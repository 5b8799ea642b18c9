-- ===== src/Storage/Indexer.antt =====
-- storage/indexer.h: `Indexer`, where the entry of a key lies. Of its `Meta`, which the program reads
-- the key and the value of, the other fields stay blank.
use lightdb.Common.{ℕ, Str, []}

pub record Indexer : Type 0 where
  pub key : Str
  pub value : Str
  pub file_id : ℕ
  pub offset : ℕ

-- `Indexer()`
abbrev pub no_indexer : Indexer
no_indexer = record { key = []; value = []; file_id = 0; offset = 0 }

☆ ☆ ☆ ☆ ☆

■ **Work to complete**
What needs duplicating is the run of lines from the one containing "pub file_id : ℕ" through the last line of the entries above, exact and complete.

■ **Answer to this task**
  pub file_id : ℕ
  pub offset : ℕ

-- `Indexer()`
abbrev pub no_indexer : Indexer
no_indexer = record { key = []; value = []; file_id = 0; offset = 0 }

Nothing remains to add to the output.